[Task objective] Work out how many lines in the records below include the string "dispatched", and reply with that number alone.

=-=-=

-- ===== src/System/Coherence.antt =====
-- The manager, its workers and their channels agree (mgr.go, worker.go).
use incite.Base.{
  Option, ◌∙◌, ◌≡◌, ◌≢◌, ap, subst, ◌⊎◌, inl, inr, true, false, some, List, ◌∷◌, arith,
}
use incite.Clock.{Time}
use incite.Adapter.{whole}
use incite.Errors.{Error}
use incite.Chunk.{
  Chunk, ChunkState, created, starting, started, polling, complete, stopping, stopped,
}
use incite.Worker.States.{Test, AllIn}
use incite.Manager.{Mgr, Heap, handle_chunk, dispatch}
use incite.Manager.Counts.{Step, starter_returns, poller_returns, stopper_returns}
use incite.System.{System, remove, take_from, deliver, dispatched}
use incite.System.Ends.{not_eof}
use incite.System.Served.{
  IsServed, sent-IsServed, received-found, received-IsServed, skipped-IsServed,
}
use incite.System.Kinds.{
  is_starting, is_polling, is_stopping, from_starter, from_poller, from_stopper,
}
use incite.System.Sends.{Sends, IsClear, Sends-trans}
use incite.System.Refills.{dispatch-Sends}

abbrev pub is_expected : Test
is_expected created e = false
is_expected _ e = not_eof e

-- Each worker has, or has sent back, the chunks that the manager says are with it, the chunks that
-- are on their way back have states that the manager expects, and neither they nor the ready ones
-- have the error io.EOF.
pub record IsCoherent (s : System) : Type 0 where
  pub starter : IsServed is_starting from_starter s.mgr.start s.starter s.start s.update
  pub poller : IsServed is_polling from_poller s.mgr.poll s.poller s.poll s.update
  pub stopper : IsServed is_stopping from_stopper s.mgr.stop s.stopper s.stop s.update
  pub expected : AllIn is_expected s.update
  pub clear : IsClear s.mgr

expected-not_eof : (s : ChunkState) (e : Option Error) → is_expected s e ≡ true → not_eof e ≡ true
expected-not_eof s e h = ground (arith, h)

deliver-IsCoherent :
    (m m' : Mgr) (s : System)
    → IsCoherent (record s { mgr = m })
    → Sends m m'
    → IsCoherent (deliver m m' s)
unfolding deliver
deliver-IsCoherent m m' s h (a, b, c, d) = record {
  starter =
      sent-IsServed is_starting from_starter s.starter s.start s.update m.start m'.start h.starter
        a;
  poller = sent-IsServed is_polling from_poller s.poller s.poll s.update m.poll m'.poll h.poller b;
  stopper =
      sent-IsServed is_stopping from_stopper s.stopper s.stop s.update m.stop m'.stop h.stopper c;
  expected = h.expected;
  clear = d;
}

module _ (heap : Heap) where
  pub dispatched-IsCoherent :
      (m m' : Mgr) (s : System)
      → IsCoherent (record s { mgr = m })
      → Sends m m'
      → IsCoherent (dispatched heap m m' s)
  unfolding dispatched
  dispatched-IsCoherent m m' s h k =
      let m'' = dispatch heap (whole m'.parallel) m' in
      deliver-IsCoherent m m'' s h
        (Sends-trans m m' m'' k (dispatch-Sends heap (whole m'.parallel) m' k.3))

-- The manager receives a chunk from one of its workers.
module _ (c : Chunk) (cs : List Chunk) (s : System)
    (h : IsCoherent (record s { update = c ∷ cs })) where
  back_from_starter :
      from_starter c.state c.err ≡ true
      → from_poller c.state c.err ≡ false
      → from_stopper c.state c.err ≡ false
      → IsCoherent
          (record s { mgr = record (s.mgr) { start = remove c.stream s.mgr.start }; update = cs })
  back_from_starter a b d = record {
    starter = received-IsServed _ _ s.starter s.mgr.start s.start c cs h.starter a;
    poller = skipped-IsServed _ _ s.poller s.mgr.poll s.poll c cs h.poller b;
    stopper = skipped-IsServed _ _ s.stopper s.mgr.stop s.stop c cs h.stopper d;
    expected = h.expected.1;
    clear = h.clear;
  }

  back_from_poller :
      from_starter c.state c.err ≡ false
      → from_poller c.state c.err ≡ true
      → from_stopper c.state c.err ≡ false
      → IsCoherent
          (record s { mgr = record (s.mgr) { poll = remove c.stream s.mgr.poll }; update = cs })
  back_from_poller a b d = record {
    starter = skipped-IsServed _ _ s.starter s.mgr.start s.start c cs h.starter a;
    poller = received-IsServed _ _ s.poller s.mgr.poll s.poll c cs h.poller b;
    stopper = skipped-IsServed _ _ s.stopper s.mgr.stop s.stop c cs h.stopper d;
    expected = h.expected.1;
    clear = h.clear;
  }

  back_from_stopper :
      from_starter c.state c.err ≡ false
      → from_poller c.state c.err ≡ false
      → from_stopper c.state c.err ≡ true
      → IsCoherent
          (record s { mgr = record (s.mgr) { stop = remove c.stream s.mgr.stop }; update = cs })
  back_from_stopper a b d = record {
    starter = skipped-IsServed _ _ s.starter s.mgr.start s.start c cs h.starter a;
    poller = skipped-IsServed _ _ s.poller s.mgr.poll s.poll c cs h.poller b;
    stopper = received-IsServed _ _ s.stopper s.mgr.stop s.stop c cs h.stopper d;
    expected = h.expected.1;
    clear = h.clear;
  }

  by_state : (t : Test) → {x : ChunkState} → c.state ≡ x → t c.state c.err ≡ t x c.err
  by_state t e = ap (λ x. t x c.err) e

  fine : not_eof c.err ≡ true
  fine = expected-not_eof c.state c.err h.expected.0

  -- What is known when the manager handles the chunk.
  unfoldable pub Returned : ChunkState → Type 0
  Returned x =
      IsCoherent (record s { mgr = take_from x c.stream s.mgr; update = cs })
      × (x ≢ created)
      × (not_eof c.err ≡ true)

  pub state-Returned : (x : ChunkState) → c.state ≡ x → Returned x
  unfolding Returned
  state-Returned created e = absurd (ground (arith, e, h.expected.0))
  state-Returned starting e = (
    back_from_starter (by_state from_starter e ∙ fine) (by_state from_poller e)
        (by_state from_stopper e),
    λ k. cc,
    fine,
  )
  state-Returned started e = (
    back_from_starter (by_state from_starter e ∙ fine) (by_state from_poller e)
        (by_state from_stopper e),
    λ k. cc,
    fine,
  )
  state-Returned polling e = (
    back_from_poller (by_state from_starter e) (by_state from_poller e ∙ fine)
        (by_state from_stopper e),
    λ k. cc,
    fine,
  )
  state-Returned complete e = (
    back_from_poller (by_state from_starter e) (by_state from_poller e ∙ fine)
        (by_state from_stopper e),
    λ k. cc,
    fine,
  )
  state-Returned stopping e = (
    back_from_stopper (by_state from_starter e) (by_state from_poller e)
        (by_state from_stopper e ∙ fine),
    λ k. cc,
    fine,
  )
  state-Returned stopped e = (
    back_from_stopper (by_state from_starter e) (by_state from_poller e)
        (by_state from_stopper e ∙ fine),
    λ k. cc,
    fine,
  )

  started-Step :
      (heap : Heap) (now : Time) (m' : Mgr)
      → (c.state ≡ starting) ⊎ (c.state ≡ started)
      → handle_chunk now c (record (s.mgr) { start = remove c.stream s.mgr.start }) ≡ some m'
      → Step heap s.mgr m'
  started-Step heap now m' e r =
      let mine : from_starter c.state c.err ≡ true = ground (arith, e) in
      let (before, found, after, was, is_now, same) =
        received-found _ _ s.starter s.mgr.start s.start c cs h.starter mine in
      starter_returns before after found c now was same e
        (subst (λ left. handle_chunk now c (record (s.mgr) { start = left }) ≡ some m') is_now r)

  polled-Step :
      (heap : Heap) (now : Time) (m' : Mgr)
      → (c.state ≡ polling) ⊎ (c.state ≡ complete)
      → handle_chunk now c (record (s.mgr) { poll = remove c.stream s.mgr.poll }) ≡ some m'
      → Step heap s.mgr m'
  polled-Step heap now m' e r =
      let mine : from_poller c.state c.err ≡ true = ground (arith, e) in
      let (before, found, after, was, is_now, same) =
        received-found _ _ s.poller s.mgr.poll s.poll c cs h.poller mine in
      poller_returns before after found c now was same e
        (subst (λ left. handle_chunk now c (record (s.mgr) { poll = left }) ≡ some m') is_now r)

  halted-Step :
      (heap : Heap) (now : Time) (m' : Mgr)
      → (c.state ≡ stopping) ⊎ (c.state ≡ stopped)
      → handle_chunk now c (record (s.mgr) { stop = remove c.stream s.mgr.stop }) ≡ some m'
      → Step heap s.mgr m'
  halted-Step heap now m' e r =
      let mine : from_stopper c.state c.err ≡ true = ground (arith, e) in
      let (before, found, after, was, is_now, same) =
        received-found _ _ s.stopper s.mgr.stop s.stop c cs h.stopper mine in
      stopper_returns before after found c now was same e
        (subst (λ left. handle_chunk now c (record (s.mgr) { stop = left }) ≡ some m') is_now r)

  -- The manager handles the chunk as one that it had sent to a worker.
  pub state-Step :
      (heap : Heap) (now : Time) (m' : Mgr) (x : ChunkState)
      → c.state ≡ x
      → handle_chunk now c (take_from x c.stream s.mgr) ≡ some m'
      → Step heap s.mgr m'
  state-Step heap now m' created e r = absurd (ground (arith, e, h.expected.0))
  state-Step heap now m' starting e r = started-Step heap now m' (inl e) r
  state-Step heap now m' started e r = started-Step heap now m' (inr e) r
  state-Step heap now m' polling e r = polled-Step heap now m' (inl e) r
  state-Step heap now m' complete e r = polled-Step heap now m' (inr e) r
  state-Step heap now m' stopping e r = halted-Step heap now m' (inl e) r
  state-Step heap now m' stopped e r = halted-Step heap now m' (inr e) r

=-=-=

[Reply to the task] 5